Very good advice! I had wondered if shipping companies could be challenging that way, they sort of have you between a rock and a hard place!!! Really not looking forward to that aspect of this whole plan 

What did you do for accommodation when you first arrived - did you find a furnished apartment until you could find somewhere you wanted to be long term? Are there many options in the furnished apartment realm?

Also, to buy health insurance, did you buy something in the States to cover you or did you buy something in NZ?

Thanks yet again!!


----------



## elism

Yup, they had us over a barrel for sure. Nasty situation to find ourselves in and it ate up most of our savings 

I married a Kiwi so my first time moving here he had already found us a furnished flat  Our first three years we moved a number of times, and always rented mostly furnished places as we didn't want to spend much on furniture.

Coming back after 3 years in California, we were fortunate to stay with a couple different friends in Auckland until my husband could find us a rental down this way about a month later. We bought our car at an auction up there as well. Good deals on Japanese imports, btw. 
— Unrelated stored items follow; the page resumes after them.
-- ===== src/CallApi/Answer.antt =====
-- `accept_call`, `reject_call` and `cancel_call`, and the timeout of a ringing call that
-- `accept_call` writes before it looks at anything else.
use new1v.Prelude.{
  ℕ, ◌+◌, ◌*◌, Bool, true, false, not, ◌&&◌, none, some, ltb, ◌==◌, if◌then◌else◌, ◌≡◌, refl,
}
use new1v.Prelude.Int.{ℤ, pos, ltb_ℤ}
use new1v.Prelude.Dict.{Dict, lookup}
use new1v.Records.{
  CallRecord, CallStatus, pending, ongoing, ended, EndReason, timeout, rejected, cancelled,
  balance_empty, EndBasis, manual_end, timeout_end, balance_empty_end,
}
use new1v.Users.{Users}
use new1v.Billing.{clamp_int, resolve_payer_id}
use new1v.Fee.{cents, CallServiceFeeConfig, apply_call_service_fee_config_snapshot}
use new1v.Database.{Database, is_ongoing, exists_call, save_call}
use new1v.CallApi.Reply.{
  insufficient_coins, not_found, not_callee, not_caller, ring_timeout, not_pending, other_ongoing,
  caller_ongoing, Reply, success, fail, Checked, ok, stop, ◌>>◌, stop_if,
}
use new1v.CallApi.Dialing.{normal_user}

-- What answering reads besides the tables: the two settings it takes a snapshot of, and the clock.
pub record AnswerEnv : Type 0 where
  pub billing_free_seconds : ℤ
  pub service_fee : CallServiceFeeConfig
  pub now : ℕ

abbrev call_ring_timeout_seconds : ℕ
call_ring_timeout_seconds = 30

abbrev pub is_pending : CallStatus → Bool
is_pending pending = true
is_pending _ = false

unfoldable pub is_ring_timeout : ℕ → CallRecord → Bool
is_ring_timeout now call = ltb (call.created_at + call_ring_timeout_seconds * 1000000) now

-- The columns that every ending without a bill writes, and `updated_at` by the save.
unfoldable pub close_call : EndReason → EndBasis → ℕ → CallRecord → CallRecord
close_call reason basis now call = record call {
  status = ended;
  end_reason = some reason;
  ended_at = some now;
  effective_ended_at = some now;
  end_basis = some basis;
  force_exit_user_id = none;
  updated_at = now;
}

abbrev pub put_call : ℕ → CallRecord → Database → Database
put_call id call db = record db { calls = save_call id call db.calls }

abbrev pub certified_in : Users → ℕ → Bool
certified_in users id = elim (lookup id users) [ some u ↦ u.is_certified_user | none ↦ false ]

-- `_resolve_payer_id`: the marks are read from the user table.
unfoldable pub payer_of : CallRecord → Users → ℕ
payer_of call users =
    resolve_payer_id call.caller_id call.callee_id (certified_in users call.caller_id)
      (certified_in users call.callee_id)

-- The payer has no row, is banned, or cannot pay one minute.
unfoldable pub payer_is_short : ℕ → ℤ → Users → Bool
payer_is_short payer_id price users =
    ltb 0 payer_id
    && (ltb_ℤ (pos 0) price
        && elim (normal_user payer_id users) [ some u ↦ ltb_ℤ u.coins (cents price) | none ↦ true ])

unfoldable pub check_accept : ℕ → ℕ → CallRecord → Dict CallRecord → Checked (Unit {0})
check_accept user_id id call calls = do
  stop_if (not (is_pending call.status)) not_pending
  stop_if
      (exists_call (λ j c. (c.callee_id == user_id) && is_ongoing c.status && not (j == id)) calls)
      other_ongoing
  stop_if
      (exists_call (λ j c. (c.caller_id == call.caller_id) && is_ongoing c.status && not (j == id))
        calls)
      caller_ongoing

unfoldable pub connect_call : AnswerEnv → ℕ → CallRecord → CallRecord
connect_call env payer_id call = record call {
  status = ongoing;
  end_reason = none;
  connected_at = some env.now;
  duration = 0;
  deducted_amount = pos 0;
  deducted_minutes = pos 0;
  last_renew_at = none;
  billing_free_seconds = some (clamp_int env.billing_free_seconds (pos 0) (pos 600));
  payer_user_id = some payer_id;
  ended_at = none;
  effective_ended_at = none;
  end_basis = none;
  force_exit_user_id = none;
  fee = apply_call_service_fee_config_snapshot env.service_fee;
  updated_at = env.now;
}

unfoldable pub refuse_unpaid : ℕ → ℕ → CallRecord → CallRecord
refuse_unpaid payer_id now call = record (close_call balance_empty balance_empty_end now call) {
  payer_user_id = some payer_id;
}

-- The pending call of a callee with no other call: it is connected if its payer can pay.
unfoldable pub answer_call : AnswerEnv → ℕ → CallRecord → Database → Database × Reply
answer_call env id call db =
    let payer_id = payer_of call db.users in
    if payer_is_short payer_id call.call_price db.users
    then (put_call id (refuse_unpaid payer_id env.now call) db, fail insufficient_coins)
    else (put_call id (connect_call env payer_id call) db, success)

abbrev pub answer_checked :
    Checked (Unit {0}) → AnswerEnv → ℕ → CallRecord → Database → Database × Reply
answer_checked (stop e) env id call db = (db, fail e)
answer_checked (ok _) env id call db = answer_call env id call db

unfoldable pub accept_found : AnswerEnv → ℕ → ℕ → CallRecord → Database → Database × Reply
accept_found env user_id id call db =
    if not (call.callee_id == user_id)
    then (db, fail not_callee)
    else if is_pending call.status && is_ring_timeout env.now call
    then (put_call id (close_call timeout timeout_end env.now call) db, fail ring_timeout)
    else answer_checked (check_accept user_id id call db.calls) env id call db

-- A handler on a call that is not there.
abbrev pub on_call : ℕ → (CallRecord → Database → Database × Reply) → Database → Database × Reply
on_call id handler db = elim (lookup id db.calls) [
  | some call ↦ handler call db
  | none ↦ (db, fail not_found)
]

pub on_call-there :
    (id : ℕ) (handler : CallRecord → Database → Database × Reply) (db : Database) (c : CallRecord)
    → lookup id db.calls ≡ some c
    → on_call id handler db ≡ handler c db
on_call-there id handler db c there = rw (there, on_call) refl

unfoldable pub accept_call : AnswerEnv → ℕ → ℕ → Database → Database × Reply
accept_call env user_id id db = on_call id (accept_found env user_id id) db

unfoldable pub reject_found : ℕ → ℕ → ℕ → CallRecord → Database → Database × Reply
reject_found now user_id id call db =
    if not (call.callee_id == user_id)
    then (db, fail not_callee)
    else if not (is_pending call.status)
    then (db, fail not_pending)
    else (put_call id (close_call rejected manual_end now call) db, success)

unfoldable pub reject_call : ℕ → ℕ → ℕ → Database → Database × Reply
reject_call now user_id id db = on_call id (reject_found now user_id id) db

unfoldable pub cancel_found : ℕ → ℕ → ℕ → CallRecord → Database → Database × Reply
cancel_found now user_id id call db =
    if not (call.caller_id == user_id)
    then (db, fail not_caller)
    else if not (is_pending call.status)
    then (db, fail not_pending)
    else (put_call id (close_call cancelled manual_end now call) db, success)

unfoldable pub cancel_call : ℕ → ℕ → ℕ → Database → Database × Reply
cancel_call now user_id id db = on_call id (cancel_found now user_id id) db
I think you're more likely to find furnished flats in the big cities (Auckland, Wellington, Christchurch) than the other outlying areas, but probably more helpful to start in one of those places anyway work-wise. 
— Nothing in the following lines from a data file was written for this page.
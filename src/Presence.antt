-- ===== src/Presence.antt =====
-- backend/app/core/call_presence.py, the heartbeats of a call's two parties, and
-- `_resolve_force_exit_decision` of backend/app/core/call_watchdog.py, which reads them.
-- The hash of a call in Redis is a record; its expiry is `expire`. Times are in milliseconds.
pub mod Decision
use new1v.Prelude.{
  ℕ, ◌+◌, ◌*◌, ◌/◌, Bool, true, false, Option, none, some, List, [], ◌∷◌, ◌++◌, ltb, leb, ◌==◌,
  if◌then◌else◌, is_some,
}

pub data Role : Type 0 where
  caller callee : Role

pub record CallPresence : Type 0 where
  pub caller_last_seen_ms : Option ℕ
  pub callee_last_seen_ms : Option ℕ
  pub caller_left_candidate_ms : Option ℕ
  pub callee_left_candidate_ms : Option ℕ

-- An expired or unwritten hash reads as four missing fields.
abbrev pub expire : CallPresence
expire = record {
  caller_last_seen_ms = none;
  callee_last_seen_ms = none;
  caller_left_candidate_ms = none;
  callee_left_candidate_ms = none;
}

abbrev last_seen_ms : Role → CallPresence → Option ℕ
last_seen_ms caller p = p.caller_last_seen_ms
last_seen_ms callee p = p.callee_last_seen_ms

abbrev left_candidate_ms : Role → CallPresence → Option ℕ
left_candidate_ms caller p = p.caller_left_candidate_ms
left_candidate_ms callee p = p.callee_left_candidate_ms

-- A heartbeat also clears the party's mark of having left.
unfoldable pub update_last_seen : Role → ℕ → CallPresence → CallPresence
update_last_seen caller now_ms p = record p {
  caller_last_seen_ms = some now_ms;
  caller_left_candidate_ms = none;
}
update_last_seen callee now_ms p = record p {
  callee_last_seen_ms = some now_ms;
  callee_left_candidate_ms = none;
}

unfoldable pub mark_left_candidate : Role → ℕ → CallPresence → CallPresence
mark_left_candidate caller now_ms p = record p { caller_left_candidate_ms = some now_ms }
mark_left_candidate callee now_ms p = record p { callee_left_candidate_ms = some now_ms }

unfoldable pub clear_left_candidate : Role → CallPresence → CallPresence
clear_left_candidate caller p = record p { caller_left_candidate_ms = none }
clear_left_candidate callee p = record p { callee_left_candidate_ms = none }

-- What the watchdog makes of one party.
pub data Verdict : Type 0 where
  present returned newly_missing missing : Verdict
  gone : ℕ → Verdict

-- `last_seen or connected_ms`
unfoldable pub effective_last_seen : Option ℕ → ℕ → ℕ
effective_last_seen none connected_ms = connected_ms
effective_last_seen (some seen) connected_ms = if seen == 0 then connected_ms else seen

-- `_eval_role`. The differences are compared as sums, since a clock may lag behind a heartbeat.
unfoldable pub eval_role :
    (connected_ms now_ms detect_ms settle_ms : ℕ) → Option ℕ → Option ℕ → Verdict
eval_role connected_ms now_ms detect_ms settle_ms last_seen left_candidate =
    let seen = effective_last_seen last_seen connected_ms in
    if ltb (seen + detect_ms) now_ms
    then elim left_candidate [
      | none ↦ newly_missing
      | some left ↦ if leb (left + settle_ms) now_ms then gone seen else missing
    ]
    else if is_some left_candidate
    then returned
    else present

pub record ForcedEnd : Type 0 where
  pub effective_ended_at_ms : ℕ
  pub user_id : ℕ

pub record ForceExitDecision : Type 0 where
  pub forced_end : Option ForcedEnd
  pub mark_candidate_roles : List Role
  pub clear_candidate_roles : List Role

abbrev mark_of : Role → Verdict → List Role
mark_of role newly_missing = role ∷ []
mark_of role _ = []

abbrev clear_of : Role → Verdict → List Role
clear_of role returned = role ∷ []
clear_of role _ = []

-- The earliest last sign of life decides; a tie falls to the caller, whom the stable sort keeps
-- first.
unfoldable pub earliest_gone : Verdict → ℕ → Verdict → ℕ → Option ForcedEnd
earliest_gone (gone a) caller_id (gone b) callee_id =
    if ltb b a
    then some (record { effective_ended_at_ms = b; user_id = callee_id })
    else some (record { effective_ended_at_ms = a; user_id = caller_id })
earliest_gone (gone a) caller_id _ callee_id =
    some (record { effective_ended_at_ms = a; user_id = caller_id })
earliest_gone _ caller_id (gone b) callee_id =
    some (record { effective_ended_at_ms = b; user_id = callee_id })
earliest_gone _ caller_id _ callee_id = none

abbrev pub verdict_of : (connected_ms now_ms detect_s settle_s : ℕ) → Role → CallPresence → Verdict
verdict_of connected_ms now_ms detect_s settle_s role p =
    eval_role connected_ms now_ms (detect_s * 1000) (settle_s * 1000) (last_seen_ms role p)
      (left_candidate_ms role p)

unfoldable pub resolve_force_exit_decision :
    (connected_ms caller_id callee_id : ℕ)
    → CallPresence
    → (now_ms offline_detect_seconds settle_grace_seconds : ℕ) → ForceExitDecision
resolve_force_exit_decision connected_ms caller_id callee_id p now_ms detect_s settle_s =
    let v = verdict_of connected_ms now_ms detect_s settle_s caller p in
    let w = verdict_of connected_ms now_ms detect_s settle_s callee p in
    record {
      forced_end = earliest_gone v caller_id w callee_id;
      mark_candidate_roles = mark_of caller v ++ mark_of callee w;
      clear_candidate_roles = clear_of caller v ++ clear_of callee w;
    }

-- The watchdog clears first, then marks.
unfoldable pub clear_roles : List Role → CallPresence → CallPresence
clear_roles [] p = p
clear_roles (role ∷ rest) p = clear_roles rest (clear_left_candidate role p)

unfoldable pub mark_roles : List Role → ℕ → CallPresence → CallPresence
mark_roles [] now_ms p = p
mark_roles (role ∷ rest) now_ms p = mark_roles rest now_ms (mark_left_candidate role now_ms p)

unfoldable pub apply_decision : ForceExitDecision → ℕ → CallPresence → CallPresence
unfolding clear_roles mark_roles clear_left_candidate mark_left_candidate
apply_decision d now_ms p =
    mark_roles d.mark_candidate_roles now_ms (clear_roles d.clear_candidate_roles p)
And re health care, we haven't ever purchased insurance here. You can pay for private insurance, and I know a few people who do, but most are happy with the state health care. We actually came back for that reason! Couldn't find affordable care for our last pregnancy in the US (we're self-employed), but pregnancy and birth and all related costs here are covered! Plus it's a fantastic maternal care system compared to a lot of other countries (esp the US). Always areas for improvement, but overall we've had good experiences. But then, we don't have any major health issues.


----------



## LookingToLeaveCanada

I'm very much looking forward to escaping Canada's horrible health care - except for life threatening care, the rest of our health care system is shockingly terrible. And I too am self employed and have no private coverage to fill the huge gaps 

I had understood that new immigrants are not allowed to access the NZ public system for 2 years? Perhaps things were different for you because of marrying a Kiwi? My husband and I have joked that we should each marry a Kiwi to make this whole transition easier


----------



## elism

Ha


----------



## Kiwijock

I find this discussion of Canadians thinking about moving of particular interest since some time back after emigrating to Canada I moved on and have over the years often asked myself, "Did I do the right thing?"
I'm still very familiar with the Vancouver/not the rest of Canada because of regular contact with friends who still live in Vancouver.
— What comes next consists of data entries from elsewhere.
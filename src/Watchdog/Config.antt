-- ===== src/Watchdog/Config.antt =====
-- `_load_watchdog_config` of backend/app/core/call_watchdog.py. The stored settings are taken as
-- the integers that `safe_parse_int` makes of them.
use new1v.Prelude.{ℕ, ◌≤◌, arith}
use new1v.Prelude.Int.{ℤ, pos, pos_part}
use new1v.Billing.{clamp_int}

pub record WatchdogConfig : Type 0 where
  pub poll_seconds : ℕ
  pub ring_timeout_seconds : ℕ
  pub renew_grace_seconds : ℕ
  pub free_seconds_before_billing : ℕ
  pub presence_offline_detect_seconds : ℕ
  pub presence_settle_grace_seconds : ℕ

unfoldable clamp_seconds : ℤ → ℕ
unfolding clamp_int
clamp_seconds value = pos_part (clamp_int value (pos 1) (pos 600))

unfoldable clamp_renew_grace_seconds : ℤ → ℕ
unfolding clamp_int
clamp_renew_grace_seconds value = pos_part (clamp_int value (pos 0) (pos 5))

unfoldable clamp_presence_settle_grace_seconds : ℤ → ℕ
unfolding clamp_int
clamp_presence_settle_grace_seconds value = pos_part (clamp_int value (pos 0) (pos 30))

unfoldable pub load_watchdog_config : (poll ring grace free detect settle : ℤ) → WatchdogConfig
unfolding clamp_seconds clamp_renew_grace_seconds clamp_presence_settle_grace_seconds
load_watchdog_config poll ring grace free detect settle = record {
  poll_seconds = clamp_seconds poll;
  ring_timeout_seconds = clamp_seconds ring;
  renew_grace_seconds = clamp_renew_grace_seconds grace;
  free_seconds_before_billing = pos_part free;
  presence_offline_detect_seconds = clamp_seconds detect;
  presence_settle_grace_seconds = clamp_presence_settle_grace_seconds settle;
}

-- Whatever the settings hold, the loop sleeps and a call rings between one second and ten minutes,
-- a heartbeat stays good for at least one second, and the two graces are at most 5 and 30 seconds.
pub load_watchdog_config_bounds :
    (poll ring grace free detect settle : ℤ)
    → let c = load_watchdog_config poll ring grace free detect settle in
      (1 ≤ c.poll_seconds)
      × (c.poll_seconds ≤ 600)
      × (1 ≤ c.ring_timeout_seconds)
      × (c.ring_timeout_seconds ≤ 600)
      × (c.renew_grace_seconds ≤ 5)
      × (1 ≤ c.presence_offline_detect_seconds)
      × (c.presence_settle_grace_seconds ≤ 30)
unfolding load_watchdog_config
load_watchdog_config_bounds poll ring grace free detect settle = ground arith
Much as I like Canadians, they're so like Kiwis I began to feel that many American values had rubbed off on the Canadians and consequently found the Kiwis (I'm a Scot) much more relaxed.
For sure I should have stayed in BC but not any other province. The money and business opportunities are much better and there's no tall poppy syndrome.
However when it comes to making decisions vis a vis money or lifestyle for me lifestyle always wins out.
At first I thought Kiwis were too laid back and settled for a lot less than they should aspire to achieve.
When I asked them about this there answer was, "It's a great place to bring up kids."
And that says a lot about New Zealand and their laid back attitude.
Bottom line for me after recently spending several months overseas I would find it hard to find a better place to live in in these troubling times


----------



## escapedtonz

LookingToLeaveCanada said:


> I'm very much looking forward to escaping Canada's horrible health care - except for life threatening care, the rest of our health care system is shockingly terrible. And I too am self employed and have no private coverage to fill the huge gaps
> 
> I had understood that new immigrants are not allowed to access the NZ public system for 2 years? Perhaps things were different for you because of marrying a Kiwi? My husband and I have joked that we should each marry a Kiwi to make this whole transition easier


What you are eligible for s a new immigrant all depends on your visa status.
If you are in nz on a temporary visa that is less than 2 years in duration then you won't be eligible for any subsidized care and you will have to pay the full costs.
If you are on a temporary visa that expires after more than 2 years or you have a resident visa / permanent residency visa then you are eligible for subsidized care just as if you were a citizen here and will be charged the reduced costs.
No different if you are an outsider and you marry a kiwi.
You can opt for a health insurance package to cover the majority of the costs so you can claim back later, however this will probably be in the region of $2000 per year for a husband/wife package giving back maybe 75%, however the premium is subjective depending on your needs.


----------



## LookingToLeaveCanada

Thank you escapedtonz for clarifying that for me!

And thank you Kiwijock for your thoughts. I live near Toronto which is probably similar to Vancouver in terms of attitudes etc. And it's not for me. 10-20 years ago I was fine with it, but I find I enjoy a kinder, gentler world these days and am much happier for it. In addition to the beautiful scenery and lack of snow outside of the mountains, it is exactly that laid back attitude that is drawing me to NZ. So I am glad you shared your thoughts to confirm that!


----------



## Kimbella

LookingToLeaveCanada said:


> This is probably a stupid question but I'm going to ask anyway  Is it possible to bring any electric/electronic equipment from North America to NZ? Any adapters I've seen have typically been for really low voltage like shavers. My assumption is no, we'll have to buy all new, but thought I'd ask just in case. Our initial plan had been to sell everything without sentimental value and buy in NZ, but knowing the higher cost of things there, we're changing plans and will ship as much stuff as possible instead. Winter parkas excluded  Thanks!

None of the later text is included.